Menu

What Is a Schema

July 1, 1999

Norman Walsh

A schema is a model for describing the structure of information. It's a term borrowed from the database world to describe the structure of data in relational tables. In the context of XML, a schema describes a model for a whole class of documents. The model describes the possible arrangement of tags and text in a valid document. A schema might also be viewed as an agreement on a common vocabulary for a particular application that involves exchanging documents.

Schemas may sound a little technical, but we use them to analyze the world around us. For example, suppose I ask you, "is this a valid postal address?"


<address>

<name>Namron H. Slaw</name>

<street>256 Eight Bit Lane</street>

<city>East Yahoo</city>

<state>MA</state>

<zip>12481-6326</zip>

</address>

Mentally, you compare the address presented with a schema that you have in your head for addresses. It probably goes something like this: a postal address consists of a person, possibly at a company or organization, one or more lines of street address, a city, a state or province, a postal code, and an optional country. So, yes, this address is valid.

In schemas, models are described in terms of constraints. A constraint defines what can appear in any given context. There are basically two kinds of constraints that you can give: content model constraints describe the order and sequence of elements and datatype constraints describe valid units of data.

For example, a schema might describe a valid <address> with the content model constraint that it consist of a <name> element, followed by one or more <street> elements, followed by exactly one <city>, <state>, and <zip> element. The content of a <zip> might have a further datatype constraint that it consist of either a sequence of exactly five digits or a sequence of five digits, followed by a hyphen, followed by a sequence of exactly four digits. No other text is a valid ZIP code.

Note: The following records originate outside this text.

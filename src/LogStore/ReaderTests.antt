-- ===== src/LogStore/ReaderTests.antt =====
-- The readers of log_store.c run on a store with one record, and the theorems on them applied to it.
use cedar_switch_3i4o_power.Common.{
  ◌≤◌, ◌≡◌, refl, true, false, none, some, [], Option, Bytes, codes, arith,
}
use cedar_switch_3i4o_power.LogStore.ByteOrder.{little_endian, put_little, get_little}
use cedar_switch_3i4o_power.LogStore.Types.{LogFilter, level_none}
use cedar_switch_3i4o_power.LogStore.Ring.{ring_get, ring_put}
use cedar_switch_3i4o_power.LogStore.State.{LogState}
use cedar_switch_3i4o_power.LogStore.Append.{
  append_ring, add_record, evict, stored_or_empty, stored,
}
use cedar_switch_3i4o_power.LogStore.Filter.{log_store_filter_match}
use cedar_switch_3i4o_power.LogStore.Reader.{LogReader}
use cedar_switch_3i4o_power.LogStore.Reader.Read.{ReadResult, read_record, log_store_read}
use cedar_switch_3i4o_power.LogStore.Reader.Answers.{Answers, log_store_read-Answers}
use cedar_switch_3i4o_power.LogStore.Reader.Tail.{log_store_reader_tail}
use cedar_switch_3i4o_power.LogStore.Reader.Inside.{Inside, log_store_reader_tail-Inside}
use cedar_switch_3i4o_power.LogStore.Tests.{cold, one_ring}

-- The STM32's ring has one record, the other one none.
abbrev holding : LogState
holding = record cold { stm32_ring = one_ring; initialized = true }

abbrev all_records : LogFilter
all_records = record {
  sources = 3;
  min_level = level_none;
  has_module = false;
  module_name = [];
  has_contains = false;
  contains = [];
}

abbrev from_start : LogReader
from_start = record {
  filter = all_records;
  pos0 = 0;
  pos1 = 0;
  upper_seq = 0;
  gap = false;
  scanned = 0;
}

abbrev text_of : ReadResult → Option Bytes
text_of (read_record rec) = some rec.text
text_of _ = none

first_text :
    text_of (log_store_read little_endian (λ _. holding) 4 from_start).0 ≡ some (codes "booted")
unfolding log_store_read append_ring add_record evict stored_or_empty stored get_little ring_get
    ring_put put_little log_store_filter_match
first_text = refl

log_store_read-Answers_example :
    Answers all_records 0 (log_store_read little_endian (λ _. holding) 4 from_start)
log_store_read-Answers_example = log_store_read-Answers little_endian (λ _. holding) 4 from_start

one_ring-tail : one_ring.tail ≡ 0
unfolding append_ring add_record evict stored_or_empty
one_ring-tail = refl

-- One step back finds the record.
tail_scanned :
    (log_store_reader_tail little_endian all_records 1 4 holding (λ _. holding)).scanned ≡ 1
unfolding log_store_reader_tail append_ring add_record evict stored_or_empty stored get_little
    ring_get ring_put put_little log_store_filter_match
tail_scanned = refl

log_store_reader_tail-Inside_example :
    let reader = log_store_reader_tail little_endian all_records 1 4 holding (λ _. holding) in
    Inside holding reader.pos0 reader.pos1 × (reader.scanned ≤ 4)
log_store_reader_tail-Inside_example =
    log_store_reader_tail-Inside little_endian all_records 1 4 holding
      (rw one_ring-tail (omega arith)) (omega arith)
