-- ===== src/Network.antt =====
-- The network manager's validation of a proposed configuration:
-- modules/network-manager/lib/network_validate.c, with the structs that it reads from
-- modules/network-manager/include/network_manager/network_manager.h and
-- modules/device-config-store/include/device_config_store/device_config_store.h.
pub mod Types
pub mod Check
pub mod Parts
pub mod Validate
pub mod Select
pub mod Healthy
mod Tests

The purpose of a schema is to allow machine validation of document structure. Every specific, individual document which doesn't violate any of the constraints of the model is, by definition, valid according to that schema.

Using the schema described (informally) above, a parser would be able to detect that the following address is not valid:


<address>

<name>Namron H. Slaw</name>

<street>256 Eight Bit Lane</street>

<city>East Yahoo</city>

<state>MA</state>

<state>CT</state>

<zip>blue</zip>

</address>

It violates two constraints of our schema: it does not contain exactly one <state> and the ZIP code is not of the proper form. A formal definition of this schema for addresses is presented in the syntax section.

The ability to test the validity of documents is going to be an important aspect of large web applications that are receiving and sending information to and from lots of sources. If you're receiving XML transactions over the web, you don't want to process the content into your database if it's not in the proper schema. The earlier, and easier it is, to catch this sort of error, the better off you'll be. (You wouldn't want to issue someone a refund check because you allowed them to order -4 hammers, would you?)